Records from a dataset
-- ===== src/Utils/Sizes.antt =====
-- Sizes and addresses as texts.
use compute_kernel_python.Prelude.{ℕ, ◌≡◌, some, pos}
use compute_kernel_python.Text.Numbers.{sixteen, int_of}
use compute_kernel_python.Text.Numbers.RoundTrip.{int_of-prefixed}
use compute_kernel_python.Utils.{hex_addr, hex_short}

-- An address that `hex_addr` or `hex_short` prints is read back by `int(s, 16)`, as the command
-- `pagefault` reads its argument, however many digits it takes.
pub int_of-hex_addr :
    (addr : ℕ)
    → (int_of sixteen (hex_addr (pos addr)) ≡ some (pos addr))
      × (int_of sixteen (hex_short (pos addr)) ≡ some (pos addr))
unfolding hex_addr hex_short
int_of-hex_addr addr = (int_of-prefixed 16 addr, int_of-prefixed 8 addr)
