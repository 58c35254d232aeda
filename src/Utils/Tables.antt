-- ===== src/Utils/Tables.antt =====
-- The lines of a table are of one length.
use Prim.Native.Nat.{max}
use compute_kernel_python.Prelude.{
  ℕ, zero, suc, ◌+◌, ◌-◌, ◌≤◌, ◌<◌, ◌≡◌, refl, ap, String, none, some, List, [], ◌∷◌, map, length,
  drop, get_elem?, All, arith,
}
use mathlib.Core.Option
use mathlib.Core.Path.{subst}
use compute_kernel_python.Paths.{◌<>◌, text_length}
use compute_kernel_python.Text.{join, repeat}
use compute_kernel_python.Utils.{
  column_width, widths_from, cell, cells, piped, fmt_row, dashes, separator, body_lines,
  table_lines,
}

length-<> : (s t : String) → text_length (s <> t) ≡ text_length s + text_length t
length-<> String.[] t = omega arith
length-<> (String.◌∷◌ c s) t = omega (arith, length-<> s t)

length-repeat : (n : ℕ) (t : String) → text_length t ≡ 1 → text_length (repeat n t) ≡ n
length-repeat zero t h = refl
length-repeat (suc n) t h = omega (arith, length-<> t (repeat n t), length-repeat n t h, h)

-- A row with as many cells as there are widths, none longer than its width.
abbrev Fits : List ℕ → List String → Type 0
Fits [] [] = Unit
Fits [] (v ∷ vs) = ⊥
Fits (w ∷ ws) [] = ⊥
Fits (w ∷ ws) (v ∷ vs) = (text_length v ≤ w) × Fits ws vs

length-cell :
    (w : ℕ) (v : String) → text_length v ≤ w → text_length (cell w v) ≡ text_length (dashes w)
length-cell w v h =
    let pad = repeat (w - text_length v) " " in
    omega (
      arith,
      length-repeat (w + 2) "-" refl,
      length-repeat (w - text_length v) " " refl,
      length-<> v (pad <> " "),
      length-<> pad " ",
      h,
    )

-- Two joins of texts that have the same lengths one by one.
abbrev SameLengths : List String → List String → Type 0
SameLengths [] [] = Unit
SameLengths [] (v ∷ vs) = ⊥
SameLengths (u ∷ us) [] = ⊥
SameLengths (u ∷ us) (v ∷ vs) = (text_length u ≡ text_length v) × SameLengths us vs

length-join :
    (us vs : List String)
    → SameLengths us vs
    → text_length (join "|" us) ≡ text_length (join "+" vs)
length-join [] [] h = refl
length-join [] (v ∷ vs) h = absurd h
length-join (u ∷ us) [] h = absurd h
length-join (u ∷ []) (v ∷ []) h = h.0
length-join (u ∷ []) (v ∷ x ∷ vs) h = absurd h.1
length-join (u ∷ t ∷ us) (v ∷ []) h = absurd h.1
length-join (u ∷ t ∷ us) (v ∷ x ∷ vs) h = omega (
  arith,
  h.0,
  length-<> u ("|" <> join "|" (t ∷ us)),
  length-<> v ("+" <> join "+" (x ∷ vs)),
  length-join (t ∷ us) (x ∷ vs) h.1,
)

cells-Fits :
    (ws : List ℕ) (row : List String)
    → Fits ws row
    → (cs : List String) × (cells ws row ≡ some cs) × SameLengths cs (map dashes ws)
unfolding cells
cells-Fits [] [] h = ([], refl, tt)
cells-Fits [] (v ∷ vs) h = absurd h
cells-Fits (w ∷ ws) [] h = absurd h
cells-Fits (w ∷ ws) (v ∷ vs) h =
    let (cs, e, same) = cells-Fits ws vs h.1 in
    (cell w v ∷ cs, ap (Option.map (λ l. cell w v ∷ l)) e, (length-cell w v h.0, same))

abbrev pub OfLength : ℕ → String → Type 0
OfLength n l = text_length l ≡ n

fmt_row-Fits :
    (ws : List ℕ) (row : List String)
    → Fits ws row
    → (l : String) × (fmt_row ws row ≡ some l) × OfLength (text_length (separator ws)) l
fmt_row-Fits ws row h =
    let (cs, e, same) = cells-Fits ws row h in
    (
      piped cs,
      ap (Option.map piped) e,
      omega (
        arith,
        length-<> (join "|" cs) "|",
        length-<> (join "+" (map dashes ws)) "+",
        length-join cs (map dashes ws) same,
      ),
    )

body_lines-Fits :
    (ws : List ℕ) (rows : List (List String))
    → All (Fits ws) rows
    → (ls : List String) × (body_lines ws rows ≡ some ls)
      × (length ls ≡ length rows + 1)
      × All (OfLength (text_length (separator ws))) ls
unfolding body_lines
body_lines-Fits ws [] h = (separator ws ∷ [], refl, refl, (refl, tt))
body_lines-Fits ws (r ∷ rows) h =
    let (l, e, n) = fmt_row-Fits ws r h.0 in
    let (ls, es, count, ns) = body_lines-Fits ws rows h.1 in
    (l ∷ ls, rw (e, es) refl, omega (arith, count), (n, ns))

-- A row that goes on at column `i` with a cell of at most `w`.
abbrev Reaches : ℕ → ℕ → List String → Type 0
Reaches i w r = (c : String) × (get_elem? r i ≡ some c) × (text_length c ≤ w)

Reaches-max :
    (i w x : ℕ) (rows : List (List String))
    → All (Reaches i w) rows
    → All (Reaches i (max x w)) rows
Reaches-max i w x [] h = tt
Reaches-max i w x (r ∷ rows) ((c, e, le), hs) =
    ((c, e, omega (arith, le)), Reaches-max i w x rows hs)

get_at : (i : ℕ) (r : List String) → i < length r → (c : String) × (get_elem? r i ≡ some c)
get_at i [] h = absurd (omega (arith, h))
get_at zero (c ∷ r) h = (c, refl)
get_at (suc i) (c ∷ r) h = get_at i r (omega (arith, h))

-- The rows that have `n` cells.
abbrev pub HaveCells : ℕ → List (List String) → Type 0
HaveCells n rows = All (λ r. length r ≡ n) rows

column_width_lem :
    (i n : ℕ) (rows : List (List String))
    → i < n
    → HaveCells n rows
    → (w : ℕ) × (column_width i rows ≡ some w) × All (Reaches i w) rows
unfolding column_width
column_width_lem i n [] h hs = (0, refl, tt)
column_width_lem i n (r ∷ rows) h (here, hs) =
    let (c, e) = get_at i r (omega (arith, h, here)) in
    let (w, es, all) = column_width_lem i n rows h hs in
    (
      max (text_length c) w,
      rw (column_width, e, es) refl,
      ((c, e, omega arith), Reaches-max i w (text_length c) rows all),
    )

drop_step :
    (i : ℕ) (r : List String) (c : String) → get_elem? r i ≡ some c → drop i r ≡ c ∷ drop (suc i) r
drop_step i [] c h = absurd (cc)
drop_step zero (x ∷ r) c h = ap (λ o. elim o [ none ↦ x | some y ↦ y ] ∷ r) h
drop_step (suc i) (x ∷ r) c h = drop_step i r c h

Fits-step :
    (i w : ℕ) (ws : List ℕ) (rows : List (List String))
    → All (Reaches i w) rows
    → All (λ r. Fits ws (drop (suc i) r)) rows
    → All (λ r. Fits (w ∷ ws) (drop i r)) rows
Fits-step i w ws [] h hs = tt
Fits-step i w ws (r ∷ rows) ((c, e, le), h) (f, fs) =
    (rw (drop_step i r c e) (le, f), Fits-step i w ws rows h fs)

drop_past : (r : List String) → drop (length r) r ≡ []
drop_past [] = refl
drop_past (c ∷ r) = drop_past r

Fits-none :
    (i : ℕ) (rows : List (List String))
    → HaveCells (i + 0) rows
    → All (λ r. Fits [] (drop i r)) rows
Fits-none i [] h = tt
Fits-none i (r ∷ rows) (e, h) =
    let same : i ≡ length r = omega (arith, e) in (rw (same, drop_past r) tt, Fits-none i rows h)

widths_from_lem :
    (i : ℕ) (hs : List String) (rows : List (List String))
    → HaveCells (i + length hs) rows
    → (ws : List ℕ) × (widths_from i hs rows ≡ some ws)
      × Fits ws hs
      × All (λ r. Fits ws (drop i r)) rows
unfolding widths_from
widths_from_lem i [] rows h = ([], refl, tt, Fits-none i rows h)
widths_from_lem i (x ∷ hs) rows h =
    let (w, e, reaches) = column_width_lem i (i + length (x ∷ hs)) rows (omega arith) h in
    let sum : i + length (x ∷ hs) ≡ suc i + length hs = omega arith in
    let (ws, es, fits, rest) = widths_from_lem (suc i) hs rows (rw sum at (h)) in
    (
      max (text_length x) w ∷ ws,
      rw (e, es) refl,
      (omega arith, fits),
      Fits-step i (max (text_length x) w) ws rows (Reaches-max i w (text_length x) rows reaches)
          rest,
    )

-- If every row has as many cells as there are headers, `table` of them, with no widths given, is
-- drawn without an `IndexError`: three lines for the head, one for each row and one below them, and
-- all of them have the same length, however long the cells are.
pub table_lines_lem :
    (headers : List String) (rows : List (List String))
    → HaveCells (length headers) rows
    → (n : ℕ) × (ls : List String) × (table_lines headers rows none ≡ some ls)
      × (length ls ≡ length rows + 4)
      × All (λ l. text_length l ≡ n) ls
unfolding table_lines
table_lines_lem headers rows h =
    let none_before : length headers ≡ 0 + length headers = omega arith in
    let (ws, e, fits, rest) =
      widths_from_lem 0 headers rows (subst (λ k. HaveCells k rows) none_before h) in
    let (head, eh, nh) = fmt_row-Fits ws headers fits in
    let (ls, es, count, ns) = body_lines-Fits ws rows rest in
    (
      text_length (separator ws),
      separator ws ∷ head ∷ separator ws ∷ ls,
      rw (table_lines, e, eh, es) refl,
      omega (arith, count),
      (refl, (nh, (refl, ns))),
    )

## TASK DIRECTIONS
Could you return exactly the lines above from the line with "w) × All (Reaches i w) rows" to the line with "rw (column_width, e, es)", both included, and nothing else?

## TASK RESPONSE
    → (w : ℕ) × (column_width i rows ≡ some w) × All (Reaches i w) rows
unfolding column_width
column_width_lem i n [] h hs = (0, refl, tt)
column_width_lem i n (r ∷ rows) h (here, hs) =
    let (c, e) = get_at i r (omega (arith, h, here)) in
    let (w, es, all) = column_width_lem i n rows h hs in
    (
      max (text_length c) w,
      rw (column_width, e, es) refl,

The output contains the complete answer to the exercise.